Голова Олоферна - страница 9



– Папка, вставай! Что ж это такое! Я тебя так ждал! А ты! Несправедливо…

Сколько это продолжалось, не помню. Чьи-то незнакомые руки оттащили меня, оставив в моей ладони бегунок от «молнии» отцовского спортивного костюма. Помню, кто-то дал мне таблетку и я уснул.

Похоронили отца, как и положено, на третий день. Бабушка не присутствовала на похоронах, ее еще в день смерти увезли с сердечным приступом в больницу. Мама до и после похорон все время лежала на кровати, отвернувшись к стене. Спала и плакала во сне, изредка поднимаясь покормить меня. Только сейчас понимаю, насколько она была молода, совсем девочка. Наливала в тарелку наш с отцом борщ и снова ложилась.

Я сидел по часу над ним, помешивал, рассматривая тот самый лук. Слезы нарастающей обидой подступали к горлу, не давая думать о еде, все капали и капали в борщ. В конце концов я отставлял тарелку в сторону и шел к себе в комнату.

Как рассказал мне спустя годы дядя Витя, отец попал под первую волну сокращения, что, видимо, и явилось одной из причин его скоропостижной смерти…


Сёмушка тем временем укатил настолько далеко, что, не на шутку испугавшись, остановился и заплаканными глазами выискивал меня среди прохожих.

Я заторопился к нему.

– Ну, что ж ты от папки так далеко уехал? —упрекнул его я.

– Пап, а у тебя шарф теплый? – рукавом утирая слезы, спросил Сё-мушка.

– Какой шарф? Сейчас же лето.

– Который мама связала. Синий.

– Конечно, теплый. А что?

– Значит, не заболеешь! – улыбнулся Сёмушка и поехал дальше…

Последний парад

То ли дело мой первый парад. Осенний, ноябрьский, восемьдесят девятого. Один из старослужащих говорил тогда, показушно стряхивая пепел в ладошку, вспоминал свой первый:

– Гимн играешь и сам себе удивляешься – мурашки по коже, слезы на глазах. Гордишься происходящим и своей причастностью к чему-то великому, настоящему…
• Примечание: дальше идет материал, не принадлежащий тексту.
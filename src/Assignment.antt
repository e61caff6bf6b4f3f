-- ===== src/Assignment.antt =====
-- backend/app/services/assignment.py: the round-robin assignment of chores to active members.
pub mod Picks
pub mod Rotation
pub mod Bulk
use chore_app.Base.{
  ℕ, ◌+◌, ◌%◌, Option, none, some, List, [], ◌∷◌, map, ◌==◌, length, get_elem?, filter,
  update_where, Dict, insert,
}
use chore_app.Models.{Household, HouseholdMembership, Database, is_active_in}
use chore_app.Session.{Action, pure, ◌>>=◌, ◌>>◌, query, scalar_one_or_none, write}
use chore_app.Engine.{Engine}

-- `select(Household).where(Household.id == household_id)`
abbrev pub household_rows : ℕ → Database → List Household
household_rows household_id db = filter (λ h. h.id == household_id) db.households

abbrev pub set_pointer : ℕ → Household → Household
set_pointer p h = record h { rotation_pointer = p }

-- The assignment to `household.rotation_pointer`, on the row with that primary key.
abbrev pub with_pointer : ℕ → ℕ → Database → Database
with_pointer household_id p db = record db {
  households = update_where (λ h. h.id == household_id) (set_pointer p) db.households;
}

-- `member_ids[pointer % len(member_ids)]`; the index is in range unless the list is empty.
unfoldable pub pick : List ℕ → ℕ → Option ℕ
pick member_ids pointer = get_elem? member_ids (pointer % length member_ids)

-- The dict comprehension `{cid: None for cid in chore_instance_ids}`, after the entries of `d`.
unfoldable pub all_none : Dict (Option ℕ) → List ℕ → Dict (Option ℕ)
all_none d [] = d
all_none d (cid ∷ cids) = all_none (insert cid none d) cids

-- The `for` loop of `redistribute_chores_bulk`: the dict and the pointer at its end.
unfoldable pub cycle : List ℕ → Dict (Option ℕ) → ℕ → List ℕ → Dict (Option ℕ) × ℕ
cycle member_ids d pointer [] = (d, pointer)
cycle member_ids d pointer (cid ∷ cids) =
    cycle member_ids (insert cid (pick member_ids pointer) d) (pointer + 1) cids

module _ (engine : Engine) where
  -- The active members of a household in rotation order, by `joined_at`.
  unfoldable pub member_ids : ℕ → Database → List ℕ
  member_ids household_id db =
      map (λ m. m.user_id)
        (engine.ascending HouseholdMembership (λ m. m.joined_at)
          (filter (is_active_in household_id) db.memberships))

  -- The rest of `assign` once the household and the members are known.
  unfoldable pub assign_to : ℕ → Household → List ℕ → Action (Option ℕ)
  assign_to household_id household [] = pure none
  assign_to household_id household (m ∷ ms) = do
    write (with_pointer household_id (household.rotation_pointer + 1))
    pure (pick (m ∷ ms) household.rotation_pointer)

  assign_row : ℕ → Option Household → Action (Option ℕ)
  unfolding assign_to
  assign_row household_id none = pure none
  assign_row household_id (some household) = do
    ids ← query (member_ids household_id)
    assign_to household_id household ids

  -- `RoundRobinStrategy.assign`, which `AssignmentService.auto_assign` calls.
  unfoldable pub assign : ℕ → Action (Option ℕ)
  unfolding assign_row
  assign household_id = do
    rows ← query (household_rows household_id)
    household ← scalar_one_or_none rows
    assign_row household_id household

  redistribute_from : Dict (Option ℕ) → List ℕ → ℕ → Action (Dict (Option ℕ))
  redistribute_from d [] household_id = pure d
  redistribute_from d (cid ∷ cids) household_id = do
    new_assignee ← assign household_id
    redistribute_from (insert cid new_assignee d) cids household_id

  -- `AssignmentService.redistribute_chores`
  pub redistribute_chores : List ℕ → ℕ → Action (Dict (Option ℕ))
  unfolding redistribute_from
  redistribute_chores chore_instance_ids household_id =
      redistribute_from [] chore_instance_ids household_id

  bulk_members : List ℕ → ℕ → Household → List ℕ → Action (Dict (Option ℕ))
  bulk_members cids household_id household [] = pure (all_none [] cids)
  bulk_members cids household_id household (m ∷ ms) = do
    let (assignments, pointer) = cycle (m ∷ ms) [] household.rotation_pointer cids
    write (with_pointer household_id pointer)
    pure assignments

  bulk_row : List ℕ → ℕ → Option Household → Action (Dict (Option ℕ))
  unfolding bulk_members
  bulk_row cids household_id none = pure (all_none [] cids)
  bulk_row cids household_id (some household) = do
    ids ← query (member_ids household_id)
    bulk_members cids household_id household ids

  -- `AssignmentService.redistribute_chores_bulk`
  unfoldable pub redistribute_chores_bulk : List ℕ → ℕ → Action (Dict (Option ℕ))
  unfolding bulk_row
  redistribute_chores_bulk [] household_id = pure []
  redistribute_chores_bulk (cid ∷ cids) household_id = do
    rows ← query (household_rows household_id)
    household ← scalar_one_or_none rows
    bulk_row (cid ∷ cids) household_id household
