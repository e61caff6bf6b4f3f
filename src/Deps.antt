-- ===== src/Deps.antt =====
-- backend/app/api/deps.py: the permission checks that run before a handler.
pub mod Outcomes
use chore_app.Base.{
  ℕ, String, Option, none, some, same_text, is_none, if◌then◌else◌, ◌==◌, not, filter, List,
}
use chore_app.Security.{Crypto, decode_access_token}
use chore_app.Models.{
  User, RevokedToken, Role, HouseholdMembership, Database, is_admin, is_active_of,
}
use chore_app.Session.{
  Action, unauthorized, forbidden, pure, raise_if, raise_if_none, ◌>>=◌, ◌>>◌, query,
  scalar_one_or_none,
}

-- `if jti:` and `if not user_id_str:` test for a text that is not empty.
abbrev pub non_empty : Option String → Option String
non_empty none = none
non_empty (some s) = if same_text s "" then none else some s

abbrev pub revoked_rows : String → Database → List RevokedToken
revoked_rows jti db = filter (λ t. same_text t.jti jti) db.revoked_tokens

-- The query for a revoked `jti`.
unfoldable pub refuse_revoked : Option String → Action (Unit {0})
refuse_revoked none = pure tt
refuse_revoked (some jti) = do
  rows ← query (revoked_rows jti)
  revoked ← scalar_one_or_none rows
  raise_if (not (is_none revoked)) unauthorized

-- `get_current_user`, at the time of decoding.
unfoldable pub get_current_user : (crypto : Crypto) → Option crypto.Jwt → ℕ → Action User
get_current_user crypto credentials now = do
  token ← raise_if_none unauthorized credentials
  payload ← raise_if_none unauthorized (decode_access_token crypto now token)
  refuse_revoked (non_empty payload.jti)
  user_id_str ← raise_if_none unauthorized (non_empty payload.sub)
  user_id ← raise_if_none unauthorized (crypto.uuid user_id_str)
  rows ← query (λ db. filter (λ u. u.id == user_id) db.users)
  user ← scalar_one_or_none rows
  raise_if_none unauthorized user

-- `require_household_member`, for the authenticated user.
unfoldable pub require_household_member : ℕ → ℕ → Action HouseholdMembership
require_household_member household_id current_user_id = do
  rows ← query (λ db. filter (is_active_of household_id current_user_id) db.memberships)
  membership ← scalar_one_or_none rows
  raise_if_none forbidden membership

-- `require_admin`, after `require_household_member`.
unfoldable pub require_admin : ℕ → ℕ → Action HouseholdMembership
require_admin household_id current_user_id = do
  membership ← require_household_member household_id current_user_id
  raise_if (not (is_admin membership.role)) forbidden
  pure membership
Не верил я ему тогда. Да и никто не верил из молодых. Слушали, посмеивались в сигарету. А время подошло – узнали, ощутили кожей. Сердцем поняли, что не все так просто и приземленно. Как ни крути, есть в этом действе что-то мистическое, неподвластное рассудку и воле. Точно есть. Да и как не быть, тысяча человек трубит одно. Но это одно – выстраданное, великое, необходимое, как кровь. Стоим, вытянутые в струну – винтики-шпунтики, но не понятно почему, непередаваемо приятно ощущать себя этим винтиком. Гордыня – через пятки в землю, гордость – свечой в груди. Парадокс, но факт. А тут дождь еще. Брусчатка мокрая, скользкая, зеркально-серебристая. Боязно по ней расхаживать в хромовых сапогах на тонкой гладкой подошве. Опасаешься, как бы не навернуться на глазах у всей страны. Тоскуешь по кирзачам. Тем не менее, шагаешь, чувствуя ступней каждый бугорок, каждую выемку. И знаешь, что помнят эти бугорки и выемки другие сапоги, тех других, которым мы – не чета.

Теперь иное дело. Всё знаешь, ничему не удивляешься. Всё по накатанной. Вертушка, репертуар. Запах гуталина и мефикса, аксельбанты, бляхи на белых лакированных ремнях, солнечные зайчики повсюду от меди надраенной. Хотя дата обязывает относиться к делу с особым усердием. Сорок пять лет со Дня Победы, как-никак.

Поутру армейский харч не лезет. Чай да хлеб с маслом запихнешь в нутро, «явкой» на халявку подымишь – и на аэродром. Репетировать! Пока доедешь, голод предательски даст о себе знать. А там пища только «духовная» или, лучше сказать, духовая, в виде маршей и «зорек». Крышу от них рвет с корнем: «Все выше и выше, и выше…» И так пару десятков раз за день. Один «Десантный батальон» Окуджавы, пожалуй, радует. Но его редко исполняем – когда техника катит. А катит она медленно, мощно, окутывая всё и вся черно-сизым мраком выхлопных газов. Намертво заглушает звериным рыком тысячный оркестр. И не помогут тут ни трубы, ни барабаны, ни геликоны. Безоговорочно капитулируешь перед ней, ощущая явную бесполезность оркестровых партитур в военном деле. Понимаешь или догадываешься, что такое война. Примерно, конечно. Они ж, дуры, просто едут, не стреляя, не взрывая. А если по-другому?! Не приведи Господь.